Trouble installing on OpenStack

Hello all,

I’ve had a little exposure to GSM in the past and thought I’d give it a fresh try on OpenStack. This isn’t listed as supported but I thought I’d give it a shot. I wasn’t overly familiar with OpenStack either but I feel like I am now!

The 4.2.24 installer ISO doesn’t seem to include the kernel drivers for virtualized disks or Ethernet, which is unusual in this day and age. I had to set the hw_disk_bus=ide and hw_vif_model=e1000 properties against the image before these would work. This is slightly annoying because you can’t hot plug IDE disks and you can’t create OpenStack instances in a stopped state so you have to boot the installer, stop it again, then attach the volume, before booting a final time.

The instructions say that network connectivity is required for the install. Initially I didn’t notice that this wasn’t present but the install seemed to complete anyway. When I had trouble later (see below), I retried and found that I was only able to get a connection by running udhcpc from the shell. Shouldn’t this kick in automatically?

The aforementioned kernel drivers are present in the installed system as it boots and I am able to connect to the web server. However, entering “admin” at the console login prompt does the strangest thing. It spontaneously reboots! Entering any other name is followed by a password prompt and obviously this fails but only “admin” results in a reboot. I can only guess that PID 1 is crashing somehow. SSH refuses to connect and I seem to have no other way of logging in so it’s hard to diagnose. I’ve tried installing several times now but the result is always the same. Any ideas?
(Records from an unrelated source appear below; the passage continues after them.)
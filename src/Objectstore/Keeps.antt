-- ===== src/Objectstore/Keeps.antt =====
-- What copying the objects and moving their consumers leave alone: a reading `f` of the trace that only
-- a deletion or the status of a migration can change.
pub mod Consumers
use ekco.Prelude.{ℕ, ◌+◌, String, ◌≡◌, refl, Bool, true, false, List, [], ◌∷◌, arith}
use ekco.Kube.{Keeps, Endpoint, ObjectInfo, Call, Trace}
use ekco.Objectstore.Sync.{copy_objects, sync_bucket, sync_buckets, sync_all_buckets}

abbrev pub ordinary : Call → Bool
ordinary (Call.set_migration_status s) = false
ordinary (Call.delete_stateful_set ns n) = false
ordinary (Call.delete_deployment ns n) = false
ordinary (Call.delete_namespace ns) = false
ordinary (Call.delete_claim ns n) = false
ordinary _ = true

module _ {X : Type 0} (f : Trace → X)
    (blind : (c : Call) (t : Trace) → ordinary c ≡ true → f (c ∷ t) ≡ f t) where
  copy_objects-Keeps :
      (src dst : Endpoint) (bucket : String) (n : ℕ) (objects : List ObjectInfo)
      → Keeps f (copy_objects src dst bucket n objects)
  unfolding copy_objects
  copy_objects-Keeps src dst bucket n [] env t = refl
  copy_objects-Keeps src dst bucket n (o ∷ objects) env t =
      grind (arith, blind, copy_objects-Keeps src dst bucket (n + 1) objects)

  sync_bucket-Keeps : (src dst : Endpoint) (bucket : String) → Keeps f (sync_bucket src dst bucket)
  unfolding sync_bucket
  sync_bucket-Keeps src dst bucket env t = grind (arith, blind, copy_objects-Keeps)

  sync_buckets-Keeps :
      (src dst : Endpoint) (buckets : List String) → Keeps f (sync_buckets src dst buckets)
  unfolding sync_buckets
  sync_buckets-Keeps src dst [] env t = refl
  sync_buckets-Keeps src dst (bucket ∷ buckets) env t =
      grind (arith, sync_bucket-Keeps, sync_buckets-Keeps src dst buckets)

  pub sync_all_buckets-Keeps : (src dst : Endpoint) → Keeps f (sync_all_buckets src dst)
  unfolding sync_all_buckets
  sync_all_buckets-Keeps src dst env t = grind (arith, blind, sync_buckets-Keeps)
It´s simple OpenStack is NOT supported, only Virtual-Box is our reference system. Keep in Mind that any stateful-network stack / firewall will break your GVM installation by filling up the kernel resources. As well you need to bridge RAW to a physical interface. The VM needs all and full capabilities for sending raw packets to the Kernel, this will conflict as well with OpenStack :wink:

Heh, oh well. I doubt that’s why it’s rebooting on login but yeah. Having said that, OpenStack seems pretty flexible so I thought you would be able to set it up that way? At my last company, we ran OpenVAS (via Kali) under Xen but it was my colleague who set it up so I don’t know exactly what he did.

Just run GCE within a real Hypervisor that should work. Everything else is up to you. We do not support it that way and won´t support it.
Keep in Mind every NAT/ state full firewall is a bad idea if you run a FULL TCP Scan that might allocate 65535 Sessions per Host :wink: And we need full capabilities. It might that PID 1 crashes or can´t fork that might bring you to a reboot … normally you can look into the Journal to see any error as well your OpenStack should provide you ton of debug information as well :wink:

Sorry to be pedantic but your argument seems inconsistent. OpenStack supports different hypervisors including KVM, Xen, VMware ESXi, and Hyper-V. Of these, only KVM is not a “real” bare metal hypervisor. Furthermore, VirtualBox isn’t a bare metal hypervisor either, it only runs on top of another OS like Linux or Windows.

I’m not familiar with all of these but I know that at least KVM and Xen, as well as VirtualBox, can bridge to a native physical interface. I’ve seen OpenVAS work with Xen so I can’t think of any reason why it wouldn’t work with KVM.

Perhaps you’re associating OpenStack with LXC containers, which is something it can also manage?

If you are such a expert, i am very confident you bring it up to running.
Greenbone´s commercial products run on Hyper-V as well VMWare, maybe they would fit better for you. The GCE is only supported on Virtual-Box. That´s it for the moment. It works does not mean it will be supported official. If you run into trouble you can´t expect any support. If you wanna run GVM you are on your own and can bring it up to run on any platform :wink: You just need to honor the license.